De madrugada, ouvi morteiros e achei que fosse balão, mas era manifestação pedindo a minha saída. Foi duro.

“Repatriado” por Eurico, Dinamite viu sua amizade com o dirigente se desgastar ao longo dos anos, o que acabou colocando os dois em lados opostos no campo político vascaíno. O craque foi presidente do clube por dois mandatos, entre 2008 e 2014, numa gestão marcada por dois rebaixamentos do Gigante da Colina. Em alguns momentos, foi muito criticado por grupos da torcida. Chegou a sofrer ameaças de agressão e um inimaginável cerco a sua casa, com foguetes explodindo noite adentro. “Fui obrigado a andar com seguranças, o que nunca tinha acontecido.

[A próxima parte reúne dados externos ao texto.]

-- ===== src/Application/Idempotence/Replay.antt =====
-- crates/application/src/services/publication.rs: `accept` with a key that is bound to the same request.
use quantalithos_bus.Base.{ℕ, ◌≡◌, refl, sym, subst, Option, some, List, ok}
use quantalithos_bus.Contracts.Core.{Core}
use quantalithos_bus.Base.Text.{Text}
use quantalithos_bus.Contracts.Inputs.{AcceptPublicationCommand}
use quantalithos_bus.Contracts.Status.{PublicationAcceptanceStatus}
use quantalithos_bus.Contracts.Receipts.{
  PublicationAcceptanceResult, publication_acceptance_accepted,
}
use quantalithos_bus.Infra.System.{System}
use quantalithos_bus.Domain.Idempotency.Digest.{RecordRef}
use quantalithos_bus.Infra.Store.Queries.{publication}
use quantalithos_bus.Infra.System.Repositories.{idempotency_find, publication_get}
use quantalithos_bus.Base.Actions.{lift, some_or, pure, ◌>>=◌}
use quantalithos_bus.Domain.Publication.Acceptance.{PublicationAcceptance}
use quantalithos_bus.Application.Services.Publication.{
  accepted_result, result_of_status, load_bound_result, load_existing_result,
}
use quantalithos_bus.Application.Services.{from_store}
use quantalithos_bus.Application.Services.Publication.Accept.{
  idempotency_key, replay_result, answer_bound, accept_found, accept_publication,
}
use quantalithos_bus.Application.Idempotence.Entry.{Answered, Ensures-accept_publication}

module _ ⦃core : Core⦄ where
  open core use {ActorContext, CommandMetadata, request_idempotency_key}

  load-bound :
      (ref : RecordRef) (id : Text) (a : PublicationAcceptance) (r : PublicationAcceptanceResult)
      (s : System)
      → ref ≡ RecordRef.publication id
      → publication s.store id ≡ some a
      → a.status ≡ PublicationAcceptanceStatus.accepted
      → a.decision_audit_ref ≡ some r.audit_ref
      → publication_acceptance_accepted a.publication_id r.audit_ref ≡ r
      → load_bound_result ref s ≡ (s, ok r)
  unfolding load_bound_result from_store publication_get some_or pure ◌>>=◌ result_of_status
      accepted_result
  load-bound ref id a r s h1 h2 h3 h4 h5 = rw (h1, h2, h3, h4, h5) refl

  Answered-repeated :
      (to_vec : AcceptPublicationCommand → Option (List ℕ)) (c : AcceptPublicationCommand)
      (actor : ActorContext) (meta : CommandMetadata) (r : PublicationAcceptanceResult) (s : System)
      → Answered to_vec c (request_idempotency_key meta) r s.store
      → accept_publication to_vec c actor meta s ≡ (s, ok r)
  unfolding accept_publication idempotency_key some_or pure lift ◌>>=◌ from_store idempotency_find
      accept_found answer_bound load_existing_result replay_result
  Answered-repeated to_vec c actor meta r s h =
      let b = h.accepted.is_bound in
      let a = h.accepted.acceptance in
      rw
        (
          h.keyed,
          h.made,
          b.found,
          b.digested,
          load-bound b.anchor.bound_record_ref b.id a r s b.bound b.stored h.accepted.accepted
              h.accepted.audited h.accepted.result,
          sym h.accepted.result,
        )
        refl

  -- A publication command that has been accepted, once repeated with the same idempotency key, by whatever actor and
  -- with whatever other metadata, has the same result and changes nothing.
  pub accept-repeated :
      (to_vec : AcceptPublicationCommand → Option (List ℕ)) (c : AcceptPublicationCommand)
      (actor actor' : ActorContext) (meta meta' : CommandMetadata) (s : System)
      (r : PublicationAcceptanceResult)
      → request_idempotency_key meta' ≡ request_idempotency_key meta
      → (accept_publication to_vec c actor meta s).1 ≡ ok r
      → let t = (accept_publication to_vec c actor meta s).0 in
        accept_publication to_vec c actor' meta' t ≡ (t, ok r)
  accept-repeated to_vec c actor actor' meta meta' s r same done =
      let t = (accept_publication to_vec c actor meta s).0 in
      Answered-repeated to_vec c actor' meta' r t (
        subst (λ k. Answered to_vec c k r t.store) (sym same)
          ((Ensures-accept_publication to_vec c actor meta).at s tt r done))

Mas sei que isso foi coisa de paus-mandados”, acredita. 

O craque defende seu período na Presidência do clube, apesar dos percalços. “Administrar sua próprias coisas é mais fácil. Administrar o que vem de não sei quantos anos atrás é mais difícil”, afirma. Para ele, detalhes em jogos cruciais tiraram o clube do caminho dos títulos. “É aquele negócio: ‘se aquela bola entra, se a gente não leva um gol no último minuto’…mas é assim, o tal do se é o cara: resolve tudo”, brinca. Ele diz que sabia do risco que um ídolo corre quando assume um cargo de direção, mas a vontade de colaborar com o clube do coração falou mais alto. “Sinceramente, não pensei nesse risco. Queria ajudar o Vasco”, afirma.

Sobre a nova queda para a Segunda Divisão, Roberto mantém a postura altiva que marcou sua passagem pelos campos. “Por mais que discorde da diretoria atual, não torci para que isso acontecesse. Não vejo quem está na Presidência na hora de torcer. Vejo a instituição. O rebaixamento é uma tragédia para o clube e para a torcida. A Segunda Divisão não é o lugar do Vasco”, conclui.

A Segunda Divisão não é o lugar do Vasco.